Your task> Write out exactly the lines below that run from the one containing "-- which connections" through the one containing "serve methods [] = []", both included, with no other lines.

Material supplied>
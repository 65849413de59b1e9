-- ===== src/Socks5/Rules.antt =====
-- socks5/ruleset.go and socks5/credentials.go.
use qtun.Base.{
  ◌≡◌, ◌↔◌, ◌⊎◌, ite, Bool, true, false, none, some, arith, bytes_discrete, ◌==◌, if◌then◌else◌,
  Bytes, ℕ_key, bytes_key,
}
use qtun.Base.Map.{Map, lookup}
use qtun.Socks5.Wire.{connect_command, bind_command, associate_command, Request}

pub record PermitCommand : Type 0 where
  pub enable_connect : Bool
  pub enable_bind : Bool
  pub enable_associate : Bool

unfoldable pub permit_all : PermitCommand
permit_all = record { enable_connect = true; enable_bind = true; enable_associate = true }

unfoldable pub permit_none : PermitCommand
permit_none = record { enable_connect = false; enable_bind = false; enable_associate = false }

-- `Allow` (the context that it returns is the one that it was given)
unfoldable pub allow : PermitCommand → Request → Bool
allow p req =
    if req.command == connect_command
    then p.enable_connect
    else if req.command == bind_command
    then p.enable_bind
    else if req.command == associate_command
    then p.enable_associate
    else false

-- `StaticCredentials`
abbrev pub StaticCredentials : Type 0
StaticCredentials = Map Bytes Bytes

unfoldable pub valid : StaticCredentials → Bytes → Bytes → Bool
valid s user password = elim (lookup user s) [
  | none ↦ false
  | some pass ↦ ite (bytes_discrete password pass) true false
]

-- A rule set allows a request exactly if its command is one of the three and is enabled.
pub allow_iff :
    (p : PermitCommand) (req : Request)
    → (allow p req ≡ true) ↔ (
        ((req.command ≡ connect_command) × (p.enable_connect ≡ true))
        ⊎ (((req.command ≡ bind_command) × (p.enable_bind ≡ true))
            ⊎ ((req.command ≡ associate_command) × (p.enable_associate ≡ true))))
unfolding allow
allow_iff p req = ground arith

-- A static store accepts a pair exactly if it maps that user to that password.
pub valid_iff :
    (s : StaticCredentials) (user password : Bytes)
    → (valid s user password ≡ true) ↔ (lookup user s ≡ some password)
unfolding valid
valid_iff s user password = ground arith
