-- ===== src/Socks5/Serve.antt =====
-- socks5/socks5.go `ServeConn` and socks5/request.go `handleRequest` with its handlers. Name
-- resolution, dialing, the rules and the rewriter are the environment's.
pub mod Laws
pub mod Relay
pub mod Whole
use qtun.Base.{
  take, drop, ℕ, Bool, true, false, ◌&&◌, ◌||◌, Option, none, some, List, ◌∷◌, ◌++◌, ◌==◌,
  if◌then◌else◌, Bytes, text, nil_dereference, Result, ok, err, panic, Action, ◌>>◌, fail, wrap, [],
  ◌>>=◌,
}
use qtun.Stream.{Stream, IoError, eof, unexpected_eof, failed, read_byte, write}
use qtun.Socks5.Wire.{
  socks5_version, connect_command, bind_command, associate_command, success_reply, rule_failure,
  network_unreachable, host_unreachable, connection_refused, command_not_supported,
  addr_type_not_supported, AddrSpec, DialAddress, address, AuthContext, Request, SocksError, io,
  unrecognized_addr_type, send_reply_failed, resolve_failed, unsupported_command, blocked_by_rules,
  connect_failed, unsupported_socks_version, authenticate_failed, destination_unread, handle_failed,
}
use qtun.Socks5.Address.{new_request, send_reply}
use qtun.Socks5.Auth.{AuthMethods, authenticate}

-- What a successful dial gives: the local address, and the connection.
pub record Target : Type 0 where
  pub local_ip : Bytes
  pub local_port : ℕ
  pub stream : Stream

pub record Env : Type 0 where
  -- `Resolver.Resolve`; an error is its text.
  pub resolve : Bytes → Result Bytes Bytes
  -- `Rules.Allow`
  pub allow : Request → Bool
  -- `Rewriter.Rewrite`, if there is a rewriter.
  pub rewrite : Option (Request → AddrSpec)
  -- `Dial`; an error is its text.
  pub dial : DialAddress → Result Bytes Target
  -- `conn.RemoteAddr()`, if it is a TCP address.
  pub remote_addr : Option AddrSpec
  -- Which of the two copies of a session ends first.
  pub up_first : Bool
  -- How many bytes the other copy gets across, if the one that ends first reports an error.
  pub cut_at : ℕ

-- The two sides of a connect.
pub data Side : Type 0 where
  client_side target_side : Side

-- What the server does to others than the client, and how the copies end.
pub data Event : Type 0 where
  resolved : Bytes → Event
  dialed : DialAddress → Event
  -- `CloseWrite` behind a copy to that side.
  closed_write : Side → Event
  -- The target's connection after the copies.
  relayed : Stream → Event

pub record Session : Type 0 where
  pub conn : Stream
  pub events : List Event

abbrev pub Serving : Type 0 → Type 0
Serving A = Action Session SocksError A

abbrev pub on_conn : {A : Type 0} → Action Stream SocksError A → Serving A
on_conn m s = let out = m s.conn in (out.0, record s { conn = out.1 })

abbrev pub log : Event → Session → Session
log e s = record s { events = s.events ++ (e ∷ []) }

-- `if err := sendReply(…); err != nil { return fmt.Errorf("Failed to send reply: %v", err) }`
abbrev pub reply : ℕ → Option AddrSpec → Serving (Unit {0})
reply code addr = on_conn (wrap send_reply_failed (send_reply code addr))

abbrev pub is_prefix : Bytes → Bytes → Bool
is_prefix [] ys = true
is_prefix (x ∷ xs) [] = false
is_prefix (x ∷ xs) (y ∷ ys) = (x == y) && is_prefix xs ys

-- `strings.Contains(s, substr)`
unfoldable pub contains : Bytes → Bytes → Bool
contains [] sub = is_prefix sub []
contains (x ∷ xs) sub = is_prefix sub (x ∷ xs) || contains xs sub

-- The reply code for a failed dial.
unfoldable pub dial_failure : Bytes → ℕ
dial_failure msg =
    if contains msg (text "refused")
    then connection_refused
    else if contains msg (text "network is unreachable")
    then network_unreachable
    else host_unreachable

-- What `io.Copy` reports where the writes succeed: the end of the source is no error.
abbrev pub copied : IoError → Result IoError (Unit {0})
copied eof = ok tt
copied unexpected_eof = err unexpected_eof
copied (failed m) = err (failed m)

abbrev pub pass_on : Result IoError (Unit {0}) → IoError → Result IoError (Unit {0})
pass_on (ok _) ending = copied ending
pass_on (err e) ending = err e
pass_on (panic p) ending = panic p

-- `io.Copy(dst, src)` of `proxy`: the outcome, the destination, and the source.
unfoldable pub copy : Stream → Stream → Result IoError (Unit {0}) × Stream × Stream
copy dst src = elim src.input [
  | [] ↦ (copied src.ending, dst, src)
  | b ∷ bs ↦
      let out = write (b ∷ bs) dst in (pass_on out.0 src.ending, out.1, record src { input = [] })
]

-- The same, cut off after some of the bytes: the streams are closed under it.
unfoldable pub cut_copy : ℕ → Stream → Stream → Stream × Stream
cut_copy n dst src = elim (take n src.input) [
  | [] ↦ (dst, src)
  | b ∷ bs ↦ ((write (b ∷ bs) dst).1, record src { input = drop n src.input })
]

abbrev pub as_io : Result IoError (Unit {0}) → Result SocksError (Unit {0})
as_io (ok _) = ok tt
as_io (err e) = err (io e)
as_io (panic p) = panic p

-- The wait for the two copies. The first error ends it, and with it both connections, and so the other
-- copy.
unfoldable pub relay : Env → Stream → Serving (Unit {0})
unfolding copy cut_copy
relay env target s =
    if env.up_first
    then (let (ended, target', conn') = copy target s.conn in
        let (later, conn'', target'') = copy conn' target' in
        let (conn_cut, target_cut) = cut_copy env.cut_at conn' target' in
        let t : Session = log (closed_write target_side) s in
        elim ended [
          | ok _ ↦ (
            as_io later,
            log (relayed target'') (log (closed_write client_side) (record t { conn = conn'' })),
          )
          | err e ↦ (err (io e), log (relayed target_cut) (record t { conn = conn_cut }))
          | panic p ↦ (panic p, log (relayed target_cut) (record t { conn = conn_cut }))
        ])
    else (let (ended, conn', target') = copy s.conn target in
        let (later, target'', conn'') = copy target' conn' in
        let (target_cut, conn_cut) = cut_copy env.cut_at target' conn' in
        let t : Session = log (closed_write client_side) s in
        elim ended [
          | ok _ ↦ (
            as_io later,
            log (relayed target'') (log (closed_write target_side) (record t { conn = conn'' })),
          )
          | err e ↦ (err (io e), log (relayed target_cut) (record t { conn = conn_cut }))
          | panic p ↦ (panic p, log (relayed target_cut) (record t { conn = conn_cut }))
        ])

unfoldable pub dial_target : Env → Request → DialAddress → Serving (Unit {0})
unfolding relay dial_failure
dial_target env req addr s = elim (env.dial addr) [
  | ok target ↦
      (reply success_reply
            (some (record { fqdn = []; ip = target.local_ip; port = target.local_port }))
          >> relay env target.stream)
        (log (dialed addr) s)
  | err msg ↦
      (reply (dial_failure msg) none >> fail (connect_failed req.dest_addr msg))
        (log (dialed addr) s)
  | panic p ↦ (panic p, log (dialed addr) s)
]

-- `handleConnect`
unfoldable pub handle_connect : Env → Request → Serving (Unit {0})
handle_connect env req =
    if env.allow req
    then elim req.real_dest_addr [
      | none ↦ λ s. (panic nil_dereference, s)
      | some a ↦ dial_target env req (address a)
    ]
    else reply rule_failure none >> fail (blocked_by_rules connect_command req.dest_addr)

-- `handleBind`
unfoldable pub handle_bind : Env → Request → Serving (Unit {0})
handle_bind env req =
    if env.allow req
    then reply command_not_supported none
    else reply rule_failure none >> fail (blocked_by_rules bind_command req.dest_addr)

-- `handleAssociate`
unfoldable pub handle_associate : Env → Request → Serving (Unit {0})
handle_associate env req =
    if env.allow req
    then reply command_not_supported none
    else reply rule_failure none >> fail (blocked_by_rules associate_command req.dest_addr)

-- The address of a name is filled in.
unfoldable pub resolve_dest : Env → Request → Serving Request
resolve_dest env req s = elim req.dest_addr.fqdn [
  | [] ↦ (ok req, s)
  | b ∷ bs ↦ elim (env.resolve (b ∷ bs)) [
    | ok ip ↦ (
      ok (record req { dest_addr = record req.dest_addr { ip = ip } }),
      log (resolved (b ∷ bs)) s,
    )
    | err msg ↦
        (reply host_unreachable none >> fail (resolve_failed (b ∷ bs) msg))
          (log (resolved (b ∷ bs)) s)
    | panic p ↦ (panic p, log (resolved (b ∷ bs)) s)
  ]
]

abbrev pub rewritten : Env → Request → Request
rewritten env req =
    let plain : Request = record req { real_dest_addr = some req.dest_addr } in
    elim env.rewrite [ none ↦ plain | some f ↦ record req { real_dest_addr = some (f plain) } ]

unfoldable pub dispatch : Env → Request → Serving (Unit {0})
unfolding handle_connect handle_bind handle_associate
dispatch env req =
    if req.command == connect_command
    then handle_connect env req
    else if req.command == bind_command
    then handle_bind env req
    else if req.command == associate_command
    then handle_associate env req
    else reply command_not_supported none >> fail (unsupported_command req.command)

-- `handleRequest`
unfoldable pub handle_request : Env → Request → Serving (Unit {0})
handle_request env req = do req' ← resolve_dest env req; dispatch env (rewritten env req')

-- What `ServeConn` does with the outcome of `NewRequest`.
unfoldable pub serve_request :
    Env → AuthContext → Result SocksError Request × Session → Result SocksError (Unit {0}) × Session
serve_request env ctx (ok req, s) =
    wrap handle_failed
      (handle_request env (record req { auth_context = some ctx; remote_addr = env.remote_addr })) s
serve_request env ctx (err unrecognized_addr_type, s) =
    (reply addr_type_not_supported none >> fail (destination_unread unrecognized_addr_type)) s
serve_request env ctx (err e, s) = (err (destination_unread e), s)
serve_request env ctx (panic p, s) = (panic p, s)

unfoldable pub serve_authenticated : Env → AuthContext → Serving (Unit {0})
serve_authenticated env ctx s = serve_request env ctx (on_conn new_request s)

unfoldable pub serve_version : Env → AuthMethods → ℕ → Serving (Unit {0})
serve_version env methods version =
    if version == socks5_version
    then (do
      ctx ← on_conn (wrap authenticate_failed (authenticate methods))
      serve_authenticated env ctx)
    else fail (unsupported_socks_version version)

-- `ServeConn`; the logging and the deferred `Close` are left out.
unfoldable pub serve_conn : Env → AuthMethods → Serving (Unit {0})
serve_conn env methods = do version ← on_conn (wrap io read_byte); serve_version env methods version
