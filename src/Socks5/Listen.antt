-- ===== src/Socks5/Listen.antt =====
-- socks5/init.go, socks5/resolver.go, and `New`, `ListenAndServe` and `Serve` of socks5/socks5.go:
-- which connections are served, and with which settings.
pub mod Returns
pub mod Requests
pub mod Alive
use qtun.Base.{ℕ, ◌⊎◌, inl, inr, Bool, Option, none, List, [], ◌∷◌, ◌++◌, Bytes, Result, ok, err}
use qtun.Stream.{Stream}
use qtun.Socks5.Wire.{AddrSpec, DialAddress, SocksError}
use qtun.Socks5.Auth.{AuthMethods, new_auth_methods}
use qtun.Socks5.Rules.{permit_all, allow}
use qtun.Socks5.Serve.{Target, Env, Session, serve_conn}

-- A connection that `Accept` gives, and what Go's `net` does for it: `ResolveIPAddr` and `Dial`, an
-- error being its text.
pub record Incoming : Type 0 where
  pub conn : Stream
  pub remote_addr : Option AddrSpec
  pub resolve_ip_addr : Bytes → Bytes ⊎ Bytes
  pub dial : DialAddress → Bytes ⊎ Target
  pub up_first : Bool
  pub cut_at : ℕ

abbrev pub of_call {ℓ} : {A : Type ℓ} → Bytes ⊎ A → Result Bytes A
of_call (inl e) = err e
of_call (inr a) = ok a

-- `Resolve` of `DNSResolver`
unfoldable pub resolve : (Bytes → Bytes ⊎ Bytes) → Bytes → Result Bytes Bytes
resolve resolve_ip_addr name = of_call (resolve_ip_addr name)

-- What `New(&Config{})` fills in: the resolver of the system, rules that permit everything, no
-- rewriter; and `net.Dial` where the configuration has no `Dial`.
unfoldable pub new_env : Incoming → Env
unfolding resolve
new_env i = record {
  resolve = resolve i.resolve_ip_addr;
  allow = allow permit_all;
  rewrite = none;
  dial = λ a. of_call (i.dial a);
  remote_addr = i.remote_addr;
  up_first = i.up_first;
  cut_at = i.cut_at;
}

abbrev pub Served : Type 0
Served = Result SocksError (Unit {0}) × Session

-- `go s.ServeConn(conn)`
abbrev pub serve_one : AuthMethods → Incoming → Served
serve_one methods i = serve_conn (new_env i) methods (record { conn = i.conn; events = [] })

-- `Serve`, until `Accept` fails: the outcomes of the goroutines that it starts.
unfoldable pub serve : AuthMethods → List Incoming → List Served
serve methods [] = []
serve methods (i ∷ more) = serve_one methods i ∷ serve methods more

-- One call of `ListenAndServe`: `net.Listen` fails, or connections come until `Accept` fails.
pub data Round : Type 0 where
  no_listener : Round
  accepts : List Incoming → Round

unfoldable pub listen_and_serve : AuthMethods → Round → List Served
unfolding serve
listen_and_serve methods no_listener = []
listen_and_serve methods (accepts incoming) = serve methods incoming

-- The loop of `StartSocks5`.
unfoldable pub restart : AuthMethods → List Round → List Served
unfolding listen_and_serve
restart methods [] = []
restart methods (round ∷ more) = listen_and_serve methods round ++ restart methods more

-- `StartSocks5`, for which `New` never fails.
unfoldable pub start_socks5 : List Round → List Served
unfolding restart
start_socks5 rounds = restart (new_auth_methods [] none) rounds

Answer>
-- which connections are served, and with which settings.
pub mod Returns
pub mod Requests
pub mod Alive
use qtun.Base.{ℕ, ◌⊎◌, inl, inr, Bool, Option, none, List, [], ◌∷◌, ◌++◌, Bytes, Result, ok, err}
use qtun.Stream.{Stream}
use qtun.Socks5.Wire.{AddrSpec, DialAddress, SocksError}
use qtun.Socks5.Auth.{AuthMethods, new_auth_methods}
use qtun.Socks5.Rules.{permit_all, allow}
use qtun.Socks5.Serve.{Target, Env, Session, serve_conn}

-- A connection that `Accept` gives, and what Go's `net` does for it: `ResolveIPAddr` and `Dial`, an
-- error being its text.
pub record Incoming : Type 0 where
  pub conn : Stream
  pub remote_addr : Option AddrSpec
  pub resolve_ip_addr : Bytes → Bytes ⊎ Bytes
  pub dial : DialAddress → Bytes ⊎ Target
  pub up_first : Bool
  pub cut_at : ℕ

abbrev pub of_call {ℓ} : {A : Type ℓ} → Bytes ⊎ A → Result Bytes A
of_call (inl e) = err e
of_call (inr a) = ok a

-- `Resolve` of `DNSResolver`
unfoldable pub resolve : (Bytes → Bytes ⊎ Bytes) → Bytes → Result Bytes Bytes
resolve resolve_ip_addr name = of_call (resolve_ip_addr name)

-- What `New(&Config{})` fills in: the resolver of the system, rules that permit everything, no
-- rewriter; and `net.Dial` where the configuration has no `Dial`.
unfoldable pub new_env : Incoming → Env
unfolding resolve
new_env i = record {
  resolve = resolve i.resolve_ip_addr;
  allow = allow permit_all;
  rewrite = none;
  dial = λ a. of_call (i.dial a);
  remote_addr = i.remote_addr;
  up_first = i.up_first;
  cut_at = i.cut_at;
}

abbrev pub Served : Type 0
Served = Result SocksError (Unit {0}) × Session

-- `go s.ServeConn(conn)`
abbrev pub serve_one : AuthMethods → Incoming → Served
serve_one methods i = serve_conn (new_env i) methods (record { conn = i.conn; events = [] })

-- `Serve`, until `Accept` fails: the outcomes of the goroutines that it starts.
unfoldable pub serve : AuthMethods → List Incoming → List Served
serve methods [] = []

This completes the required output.